To evaluate the toxicity of the statins used in this study, the murine macrophage cell line J774A.1 (ATCC TIB-67) was used. First, the macrophages were cultured in RPMI 1640 medium without phenol red (Roswell Park Memorial Institute, Thermo Fisher Scientific Inc., Waltham, MA, USA). After that, the cells were seeded (50 µL) in a 96-well plate (105 cells/mL) and serial dilutions (diluted in medium) of the statins were added (50 µL) to reach a final volume of 100 μL/well, as previously described [38,39]. A negative control was used, consisting of cells, and was incubated with the medium alone. Finally, the alamarBlue® reagent was placed into each well (10% of final volume) and incubated for 24 h at 37 °C and 5% CO2 atmosphere.

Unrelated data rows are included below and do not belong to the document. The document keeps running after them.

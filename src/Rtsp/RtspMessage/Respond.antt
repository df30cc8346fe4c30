-- ===== src/Rtsp/RtspMessage/Respond.antt =====
-- The answers that RtspRequest of src/rtsp/RtspMessage.cpp builds: the text in the array, that is cut to
-- its size. The length that is returned is the text's.
use stream_sight.Base.{ℕ, Option, none, some, ◌++◌, length}
use stream_sight.Rtsp.RtspMessage.{RtspRequest, get_cseq, get_ip, get_rtp_port, get_rtcp_port}
use stream_sight.Text.Print.{decimal, decimal_int, snprintf, print_behind}
use stream_sight.Text.{Text, codes, c_str}

abbrev pub status_ok : Text
status_ok = codes "RTSP/1.0 200 OK\r\n"

-- "CSeq: %u\r\n" and "CSeq: %d\r\n"
abbrev pub cseq_line : RtspRequest → Text
cseq_line r = codes "CSeq: " ++ decimal (get_cseq r) ++ codes "\r\n"

abbrev pub cseq_line_int : RtspRequest → Text
cseq_line_int r = codes "CSeq: " ++ decimal_int (get_cseq r) ++ codes "\r\n"

abbrev pub session_line : ℕ → Text
session_line session_id = codes "Session: " ++ decimal session_id ++ codes "\r\n"

unfoldable pub build_option_res : ℕ → RtspRequest → Text
build_option_res size r =
    snprintf size
      (status_ok ++ cseq_line r ++ codes "Public: OPTIONS, DESCRIBE, SETUP, TEARDOWN, PLAY\r\n\r\n")

-- The session description is a C string.
unfoldable pub build_describe_res : ℕ → Text → RtspRequest → Text
build_describe_res size sdp r = snprintf size (
    status_ok
    ++ cseq_line r
    ++ codes "Content-Length: "
    ++ decimal_int (length sdp)
    ++ codes "\r\nContent-Type: application/sdp\r\n\r\n"
    ++ sdp)

unfoldable pub build_setup_multicast_res : ℕ → Text → ℕ → ℕ → RtspRequest → Text
build_setup_multicast_res size multicast_ip port session_id r = snprintf size (
    status_ok
    ++ cseq_line r
    ++ codes "Transport: RTP/AVP;multicast;destination="
    ++ multicast_ip
    ++ codes ";source="
    ++ c_str (get_ip r)
    ++ codes ";port="
    ++ decimal port
    ++ codes "-0;ttl=255\r\n"
    ++ session_line session_id
    ++ codes "\r\n")

unfoldable pub build_setup_udp_res : ℕ → ℕ → ℕ → ℕ → RtspRequest → Text
build_setup_udp_res size rtp_chn rtcp_chn session_id r = snprintf size (
    status_ok
    ++ cseq_line r
    ++ codes "Transport: RTP/AVP;unicast;client_port="
    ++ decimal (get_rtp_port r)
    ++ codes "-"
    ++ decimal (get_rtcp_port r)
    ++ codes ";server_port="
    ++ decimal rtp_chn
    ++ codes "-"
    ++ decimal rtcp_chn
    ++ codes "\r\n"
    ++ session_line session_id
    ++ codes "\r\n")

unfoldable pub build_setup_tcp_res : ℕ → ℕ → ℕ → ℕ → RtspRequest → Text
build_setup_tcp_res size rtp_chn rtcp_chn session_id r = snprintf size (
    status_ok
    ++ cseq_line r
    ++ codes "Transport: RTP/AVP/TCP;unicast;interleaved="
    ++ decimal_int rtp_chn
    ++ codes "-"
    ++ decimal_int rtcp_chn
    ++ codes "\r\n"
    ++ session_line session_id
    ++ codes "\r\n")

abbrev add_rtp_info : ℕ → Option Text → Text → Text
add_rtp_info size none buf = buf
add_rtp_info size (some rtp_info) buf = print_behind size buf (rtp_info ++ codes "\r\n")

unfoldable pub build_play_res : ℕ → Option Text → ℕ → RtspRequest → Text
build_play_res size rtp_info session_id r =
    let head = snprintf size (
      status_ok
      ++ cseq_line_int r
      ++ codes "Range: npt=0.000-\r\nSession: "
      ++ decimal session_id
      ++ codes "; timeout=60\r\n") in
    print_behind size (add_rtp_info size rtp_info head) (codes "\r\n")

unfoldable pub build_teardown_res : ℕ → ℕ → RtspRequest → Text
build_teardown_res size session_id r =
    snprintf size (status_ok ++ cseq_line_int r ++ session_line session_id ++ codes "\r\n")

unfoldable pub build_get_parameter_res : ℕ → ℕ → RtspRequest → Text
build_get_parameter_res size session_id r =
    snprintf size (status_ok ++ cseq_line_int r ++ session_line session_id ++ codes "\r\n")

unfoldable pub build_not_found_res : ℕ → RtspRequest → Text
build_not_found_res size r =
    snprintf size (codes "RTSP/1.0 404 Stream Not Found\r\n" ++ cseq_line r ++ codes "\r\n")

unfoldable pub build_server_error_res : ℕ → RtspRequest → Text
build_server_error_res size r =
    snprintf size (codes "RTSP/1.0 500 Internal Server Error\r\n" ++ cseq_line r ++ codes "\r\n")

unfoldable pub build_unsupported_res : ℕ → RtspRequest → Text
build_unsupported_res size r =
    snprintf size
      (codes "RTSP/1.0 461 Unsupported transport\r\n" ++ cseq_line_int r ++ codes "\r\n")

unfoldable pub build_unauthorized_res : ℕ → Text → Text → RtspRequest → Text
build_unauthorized_res size realm nonce r = snprintf size (
    codes "RTSP/1.0 401 Unauthorized\r\n"
    ++ cseq_line_int r
    ++ codes "WWW-Authenticate: Digest realm=\""
    ++ realm
    ++ codes "\", nonce=\""
    ++ nonce
    ++ codes "\"\r\n\r\n")
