-- ===== src/Ssa/Raise.antt =====
-- Nothing is lost between the two forms: the instructions can be read back from the named values.
use mathlib.Core.Option
use gof_lang.Prelude.{
  ℕ, ◌≡◌, refl, ap, List, [], ◌∷◌, map, Option, none, some, Text, digits_value,
  digits_value-decimal,
}
use gof_lang.Mir.Instruction.{MirInstruction, MirFunction, MirModule}
use gof_lang.Ssa.Instruction.{SsaInstruction, SsaValue, SsaFunction, SsaModule}
use gof_lang.Ssa.Lower.{temp, temp_pair, lower_instruction, lower_function, lower}

-- The number of a temporary, from its name.
unfoldable pub untemp : Text → ℕ
untemp [] = 0
untemp (_ ∷ digits) = digits_value 0 digits

pub untemp-temp : (n : ℕ) → untemp (temp n) ≡ n
unfolding untemp temp
untemp-temp n = digits_value-decimal n

abbrev pub untemp_pair : Text × Text → ℕ × ℕ
untemp_pair p = (untemp p.0, untemp p.1)

map-untemp : (ns : List ℕ) → map untemp (map temp ns) ≡ ns
map-untemp [] = refl
map-untemp (n ∷ ns) = rw (untemp-temp n, map-untemp ns)

map-untemp_pair : (ps : List (ℕ × ℕ)) → map untemp_pair (map temp_pair ps) ≡ ps
map-untemp_pair [] = refl
map-untemp_pair ((a, b) ∷ ps) = rw (untemp-temp a, untemp-temp b, map-untemp_pair ps)

map-untemp_option : (o : Option ℕ) → Option.map untemp (Option.map temp o) ≡ o
map-untemp_option none = refl
map-untemp_option (some n) = rw untemp-temp

raise_instruction : Text → SsaInstruction → MirInstruction
raise_instruction defined (SsaInstruction.const_int value) =
    MirInstruction.const_int (untemp defined) value
raise_instruction defined (SsaInstruction.const_string value) =
    MirInstruction.const_string (untemp defined) value
raise_instruction defined (SsaInstruction.const_bool value) =
    MirInstruction.const_bool (untemp defined) value
raise_instruction defined (SsaInstruction.const_enum_variant enum_name variant args) =
    MirInstruction.const_enum_variant (untemp defined) enum_name variant (map untemp args)
raise_instruction defined (SsaInstruction.build_list items) =
    MirInstruction.build_list (untemp defined) (map untemp items)
raise_instruction defined (SsaInstruction.build_dict entries) =
    MirInstruction.build_dict (untemp defined) (map untemp_pair entries)
raise_instruction defined (SsaInstruction.build_struct name fields) =
    MirInstruction.build_struct (untemp defined) name (map untemp fields)
raise_instruction defined (SsaInstruction.load_local name) =
    MirInstruction.load_local (untemp defined) name
raise_instruction defined (SsaInstruction.load_field target field) =
    MirInstruction.load_field (untemp defined) (untemp target) field
raise_instruction defined (SsaInstruction.store_local name src mutable declare) =
    MirInstruction.store_local name (untemp src) mutable declare
raise_instruction defined SsaInstruction.break = MirInstruction.break
raise_instruction defined SsaInstruction.continue = MirInstruction.continue
raise_instruction defined (SsaInstruction.call callee args) =
    MirInstruction.call (untemp defined) callee (map untemp args)
raise_instruction defined (SsaInstruction.index target place) =
    MirInstruction.index (untemp defined) (untemp target) (untemp place)
raise_instruction defined (SsaInstruction.spawn callee args) =
    MirInstruction.spawn (untemp defined) callee (map untemp args)
raise_instruction defined (SsaInstruction.await task) =
    MirInstruction.await (untemp defined) (untemp task)
raise_instruction defined (SsaInstruction.propagate value) =
    MirInstruction.propagate (untemp defined) (untemp value)
raise_instruction defined (SsaInstruction.unary op value) =
    MirInstruction.unary (untemp defined) op (untemp value)
raise_instruction defined (SsaInstruction.binary lhs op rhs) =
    MirInstruction.binary (untemp defined) (untemp lhs) op (untemp rhs)
raise_instruction defined (SsaInstruction.begin_if condition) =
    MirInstruction.begin_if (untemp condition)
raise_instruction defined SsaInstruction.else_branch = MirInstruction.else_branch
raise_instruction defined SsaInstruction.end_if = MirInstruction.end_if
raise_instruction defined (SsaInstruction.begin_while condition) =
    MirInstruction.begin_while (untemp condition)
raise_instruction defined SsaInstruction.end_while = MirInstruction.end_while
raise_instruction defined (SsaInstruction.begin_for iterable binding) =
    MirInstruction.begin_for (untemp iterable) binding
raise_instruction defined SsaInstruction.end_for = MirInstruction.end_for
raise_instruction defined (SsaInstruction.begin_match value) =
    MirInstruction.begin_match (untemp value)
raise_instruction defined (SsaInstruction.match_arm enum_name variant bindings) =
    MirInstruction.match_arm enum_name variant bindings
raise_instruction defined SsaInstruction.end_match = MirInstruction.end_match
raise_instruction defined SsaInstruction.begin_select = MirInstruction.begin_select
raise_instruction defined (SsaInstruction.select_arm operation binding is_default) =
    MirInstruction.select_arm (Option.map untemp operation) binding is_default
raise_instruction defined SsaInstruction.end_select = MirInstruction.end_select
raise_instruction defined (SsaInstruction.eval value) = MirInstruction.eval (untemp value)
raise_instruction defined (SsaInstruction.return value) = MirInstruction.return (untemp value)

raise-lower_instruction :
    (i : MirInstruction)
    → raise_instruction (lower_instruction i).name (lower_instruction i).instruction ≡ i
unfolding raise_instruction lower_instruction
raise-lower_instruction (MirInstruction.const_int dest value) = rw (untemp-temp dest)
raise-lower_instruction (MirInstruction.const_string dest value) = rw (untemp-temp dest)
raise-lower_instruction (MirInstruction.const_bool dest value) = rw (untemp-temp dest)
raise-lower_instruction (MirInstruction.const_enum_variant dest enum_name variant args) =
    rw (untemp-temp dest, map-untemp args)
raise-lower_instruction (MirInstruction.build_list dest items) =
    rw (untemp-temp dest, map-untemp items)
raise-lower_instruction (MirInstruction.build_dict dest entries) =
    rw (untemp-temp dest, map-untemp_pair entries)
raise-lower_instruction (MirInstruction.build_struct dest name fields) =
    rw (untemp-temp dest, map-untemp fields)
raise-lower_instruction (MirInstruction.load_local dest name) = rw (untemp-temp dest)
raise-lower_instruction (MirInstruction.load_field dest target field) =
    rw (untemp-temp dest, untemp-temp target)
raise-lower_instruction (MirInstruction.store_local name src mutable declare) = rw (untemp-temp src)
raise-lower_instruction MirInstruction.break = refl
raise-lower_instruction MirInstruction.continue = refl
raise-lower_instruction (MirInstruction.call dest callee args) =
    rw (untemp-temp dest, map-untemp args)
raise-lower_instruction (MirInstruction.index dest target place) =
    rw (untemp-temp dest, untemp-temp target, untemp-temp place)
raise-lower_instruction (MirInstruction.spawn dest callee args) =
    rw (untemp-temp dest, map-untemp args)
raise-lower_instruction (MirInstruction.await dest task) = rw (untemp-temp dest, untemp-temp task)
raise-lower_instruction (MirInstruction.propagate dest value) =
    rw (untemp-temp dest, untemp-temp value)
raise-lower_instruction (MirInstruction.unary dest op value) =
    rw (untemp-temp dest, untemp-temp value)
raise-lower_instruction (MirInstruction.binary dest lhs op rhs) =
    rw (untemp-temp dest, untemp-temp lhs, untemp-temp rhs)
raise-lower_instruction (MirInstruction.begin_if condition) = rw (untemp-temp condition)
raise-lower_instruction MirInstruction.else_branch = refl
raise-lower_instruction MirInstruction.end_if = refl
raise-lower_instruction (MirInstruction.begin_while condition) = rw (untemp-temp condition)
raise-lower_instruction MirInstruction.end_while = refl
raise-lower_instruction (MirInstruction.begin_for iterable binding) = rw (untemp-temp iterable)
raise-lower_instruction MirInstruction.end_for = refl
raise-lower_instruction (MirInstruction.begin_match value) = rw (untemp-temp value)
raise-lower_instruction (MirInstruction.match_arm enum_name variant bindings) = refl
raise-lower_instruction MirInstruction.end_match = refl
raise-lower_instruction MirInstruction.begin_select = refl
raise-lower_instruction (MirInstruction.select_arm operation binding is_default) =
    rw (map-untemp_option operation)
raise-lower_instruction MirInstruction.end_select = refl
raise-lower_instruction (MirInstruction.eval value) = rw (untemp-temp value)
raise-lower_instruction (MirInstruction.return value) = rw (untemp-temp value)

raise_value : SsaValue → MirInstruction
raise_value v = raise_instruction v.name v.instruction

raise_function : SsaFunction → MirFunction
raise_function function = record {
  name = function.name;
  params = function.params;
  return_type = function.return_type;
  instructions = map raise_value function.values;
}

pub raise : SsaModule → MirModule
raise module_ = record { functions = map raise_function module_.functions }

map-raise_value : (is : List MirInstruction) → map raise_value (map lower_instruction is) ≡ is
unfolding raise_value
map-raise_value [] = refl
map-raise_value (i ∷ is) = rw (raise-lower_instruction i, map-raise_value is)

raise_function-lower_function : (f : MirFunction) → raise_function (lower_function f) ≡ f
unfolding raise_function lower_function
raise_function-lower_function f =
    ap (λ (is : List MirInstruction). let g : MirFunction = record f { instructions = is } in g)
      (map-raise_value f.instructions)

map-raise_function : (fs : List MirFunction) → map raise_function (map lower_function fs) ≡ fs
map-raise_function [] = refl
map-raise_function (f ∷ fs) = rw (raise_function-lower_function f, map-raise_function fs)

-- The module that was lowered can be read back from its named form, so that modules that differ
-- are still told apart: names of temporaries clash with no others, and no field is dropped.
pub raise-lower : (m : MirModule) → raise (lower m) ≡ m
unfolding raise lower
raise-lower m =
    ap (λ (fs : List MirFunction). let n : MirModule = record { functions = fs } in n)
      (map-raise_function m.functions)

The plates were analysed with an EnSpire® Multimode Plate Reader, as mentioned above. The 50% of cytotoxic values (CC50) were calculated using the statistical analysis software SigmaPlot 12.0, as previously reported. All the experiments were performed three times and the mean values calculated. Finally, the selectivity index was calculated based on the obtained IC50 and the CC50, as shown in Table 2.

5. Conclusions

This study assesses the in vitro efficacy of statins against Naegleria fowleri. Although rare, infections due to this pathogen are usually lethal and, therefore, new effective treatments are needed. The obtained results have highlighted that at least fluvastatin could be a potential new candidate for the treatment of PAM. Further in vivo studies should be developed to fully establish this compound as a novel therapeutic agent against PAM.